Belief state representation as a measurable harness property. Today every harness either has it or does not, but no public standard exists for "what counts as belief state." A formal definition (data structures, propagation rules, query interface) would let researchers compare harnesses on this dimension directly.
Trust propagation in non-security agents. The cascading exploitation pattern works in pentesting because vulnerabilities compose. Whether the same propagation pattern transfers to non-security domains (debug-then-test, read-then-edit, plan-then-act) is largely unmeasured.
Architecture-vs-model decomposition methodology. Ridge Security's same-model-different-architecture methodology is the right experimental design for harness research; it should become standard. Most agent benchmarks today vary both axes simultaneously.

Open questions

The benchmark is single-run on a single target (OWASP Juice Shop). Variance and generalization to real-world targets are unaddressed.

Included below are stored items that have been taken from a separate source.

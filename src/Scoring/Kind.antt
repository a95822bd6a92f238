-- ===== src/Scoring/Kind.antt =====
-- shared/scoring/scorer.go: `classifyThreatType`, the type of the strongest component.
use kerneleye.Base.{
  ℕ, ◌≡◌, refl, Bool, true, false, ◌&&◌, ◌||◌, not, List, [], ◌∷◌, ltb, if◌then◌else◌, Bool-cases,
  ◌⊎◌, inl, inr, All, arith,
}
use kerneleye.Float.{Float, FloatLaws, num}
use kerneleye.Scoring.{
  ThreatScorer, IpMetrics, ThreatType, no_threat, port_scan, service_abuse, syn_flood,
  failed_handshake, connection_burst,
}

-- `candidate`: the priority breaks ties, the lower wins.
pub record Candidate (f : Float) : Type 0 where
  pub threat_type : ThreatType
  pub value : f.F
  pub priority : ℕ

-- `bestPriority` starts at `math.MaxInt`.
abbrev max_int : ℕ
max_int = 9223372036854775807

unfoldable pub candidates : (f : Float) → f.F → f.F → f.F → f.F → f.F → List (Candidate f)
candidates f syn port failed service burst =
    record { threat_type = service_abuse; value = service; priority = 0 }
    ∷ record { threat_type = port_scan; value = port; priority = 1 }
    ∷ record { threat_type = syn_flood; value = syn; priority = 2 }
    ∷ record { threat_type = failed_handshake; value = failed; priority = 3 }
    ∷ record { threat_type = connection_burst; value = burst; priority = 4 }
    ∷ []

-- What a candidate's type asks for, beyond a value that is not at most zero.
unfoldable pub qualifies : (f : Float) → ThreatScorer f → IpMetrics f → ThreatType → f.F → Bool
qualifies f ts m port_scan value = not (ltb m.unique_ports ts.port_scan_threshold)
qualifies f ts m service_abuse value = not (ltb m.max_port_hits ts.service_abuse_threshold)
qualifies f ts m connection_burst value = not (f.le value (num f 5))
qualifies f ts m no_threat value = true
qualifies f ts m syn_flood value = true
qualifies f ts m failed_handshake value = true

unfoldable pub admissible : (f : Float) → ThreatScorer f → IpMetrics f → Candidate f → Bool
unfolding qualifies
admissible f ts m c = not (f.le c.value (num f 0)) && qualifies f ts m c.threat_type c.value

-- A candidate against the best so far.
unfoldable pub beats : (f : Float) → Candidate f → Candidate f → Bool
beats f c best =
    f.lt best.value c.value || (f.eq c.value best.value && ltb c.priority best.priority)

-- The best after a candidate.
abbrev better_of :
    (f : Float) → ThreatScorer f → IpMetrics f → Candidate f → Candidate f → Candidate f
better_of f ts m best c = if admissible f ts m c && beats f c best then c else best

unfoldable pub pick_best :
    (f : Float) → ThreatScorer f → IpMetrics f → Candidate f → List (Candidate f) → Candidate f
unfolding admissible beats
pick_best f ts m best [] = best
pick_best f ts m best (c ∷ cs) = pick_best f ts m (better_of f ts m best c) cs

abbrev pub no_candidate : (f : Float) → Candidate f
no_candidate f = record { threat_type = no_threat; value = num f 0; priority = max_int }

unfoldable pub classify_threat_type :
    (f : Float) → ThreatScorer f → IpMetrics f → f.F → f.F → f.F → f.F → f.F → ThreatType
unfolding candidates pick_best
classify_threat_type f ts m syn port failed service burst =
    (pick_best f ts m (no_candidate f) (candidates f syn port failed service burst)).threat_type

-- What holds of the start and of every admissible candidate holds of the best.
pick_best-keeps :
    (f : Float) (ts : ThreatScorer f) (m : IpMetrics f) (P : Candidate f → Type 0)
    (best : Candidate f) (cs : List (Candidate f))
    → P best
    → All (λ c. admissible f ts m c ≡ true → P c) cs
    → P (pick_best f ts m best cs)
unfolding pick_best
pick_best-keeps f ts m P best [] b all = b
pick_best-keeps f ts m P best (c ∷ cs) b all =
    pick_best-keeps f ts m P (better_of f ts m best c) cs step all.1
  where
    step : P (better_of f ts m best c)
    step = elim (Bool-cases (admissible f ts m c)) [
      | inl ok ↦ elim (Bool-cases (beats f c best)) [
        | inl e ↦ rw (ok, e) (all.0 ok)
        | inr e ↦ rw (ok, e) b
      ]
      | inr bad ↦ rw bad b
    ]

-- A value that the best so far reaches is reached by the best of all.
pick_best-reaches :
    {f : Float} (laws : FloatLaws f) (ts : ThreatScorer f) (m : IpMetrics f) (best : Candidate f)
    (cs : List (Candidate f)) (x : f.F)
    → f.lt best.value x ≡ false
    → f.lt (pick_best f ts m best cs).value x ≡ false
unfolding pick_best beats
pick_best-reaches laws ts m best [] x h = h
pick_best-reaches {f} laws ts m best (c ∷ cs) x h =
    pick_best-reaches laws ts m (better_of f ts m best c) cs x step
  where
    step : f.lt (better_of f ts m best c).value x ≡ false
    step = ground (arith, h, laws.lt_trans best.value c.value x, laws.lt_eq c.value best.value x)

pick_best-maximal :
    {f : Float} (laws : FloatLaws f) (ts : ThreatScorer f) (m : IpMetrics f) (best : Candidate f)
    (cs : List (Candidate f))
    → let top = pick_best f ts m best cs in
      All (λ c. admissible f ts m c ≡ true → f.lt top.value c.value ≡ false) cs
unfolding pick_best beats
pick_best-maximal laws ts m best [] = tt
pick_best-maximal {f} laws ts m best (c ∷ cs) = (
  λ ok. pick_best-reaches laws ts m (better_of f ts m best c) cs c.value (step ok),
  pick_best-maximal laws ts m (better_of f ts m best c) cs,
)
  where
    step : admissible f ts m c ≡ true → f.lt (better_of f ts m best c).value c.value ≡ false
    step ok = ground (arith, ok, laws.lt_irrefl c.value)

-- The value of the component that stands behind a type, zero for none.
abbrev pub component : (f : Float) → f.F → f.F → f.F → f.F → f.F → ThreatType → f.F
component f syn port failed service burst no_threat = num f 0
component f syn port failed service burst port_scan = port
component f syn port failed service burst service_abuse = service
component f syn port failed service burst syn_flood = syn
component f syn port failed service burst failed_handshake = failed
component f syn port failed service burst connection_burst = burst

-- The type of a score is none or that of a component that is not at most zero and meets what its type
-- asks for, and no component that is so exceeds the one behind the type (zero for none).
pub classify_threat_type-maximal :
    {f : Float} (laws : FloatLaws f) (ts : ThreatScorer f) (m : IpMetrics f)
    (syn port failed service burst : f.F)
    → let t = classify_threat_type f ts m syn port failed service burst in
      let v = component f syn port failed service burst t in
      ((t ≡ no_threat) ⊎ ((f.le v (num f 0) ≡ false) × (qualifies f ts m t v ≡ true)))
      × All
          (λ c. admissible f ts m c ≡ true → f.lt v c.value ≡ false)
          (candidates f syn port failed service burst)
unfolding classify_threat_type candidates admissible
classify_threat_type-maximal {f} laws ts m syn port failed service burst =
    (backed.1, rw (← backed.0) (pick_best-maximal laws ts m (no_candidate f) cs))
  where
    cs : List (Candidate f)
    cs = candidates f syn port failed service burst

    P : Candidate f → Type 0
    P c =
        (c.value ≡ component f syn port failed service burst c.threat_type)
        × ((c.threat_type ≡ no_threat)
            ⊎ ((f.le (component f syn port failed service burst c.threat_type) (num f 0) ≡ false)
                × (qualifies f ts m c.threat_type
                      (component f syn port failed service burst c.threat_type)
                    ≡ true)))

    both :
        (t : ThreatType) (v : f.F) (n : ℕ)
        → admissible f ts m (record { threat_type = t; value = v; priority = n }) ≡ true
        → (f.le v (num f 0) ≡ false) × (qualifies f ts m t v ≡ true)
    both t v n h = ground arith

    backed : P (pick_best f ts m (no_candidate f) cs)
    backed =
        pick_best-keeps f ts m P (no_candidate f) cs (refl, inl refl)
          (
            λ h. (refl, inr (both service_abuse service 0 h)),
            (
              λ h. (refl, inr (both port_scan port 1 h)),
              (
                λ h. (refl, inr (both syn_flood syn 2 h)),
                (
                  λ h. (refl, inr (both failed_handshake failed 3 h)),
                  (λ h. (refl, inr (both connection_burst burst 4 h)), tt),
                ),
              ),
            ),
          )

The Ridge Security benchmark sponsored the post — disclosure is upfront, but the comparative numbers should be replicated by independent evaluators before they become canonical.
Whether RidgeGen's architecture transfers without the benchmark's specific affordances (Docker sandbox, isolated network, stable API surface) is open.
Belief state representation is described conceptually but not in code; the load-bearing technical details (data structure, propagation rules) are not in the public post.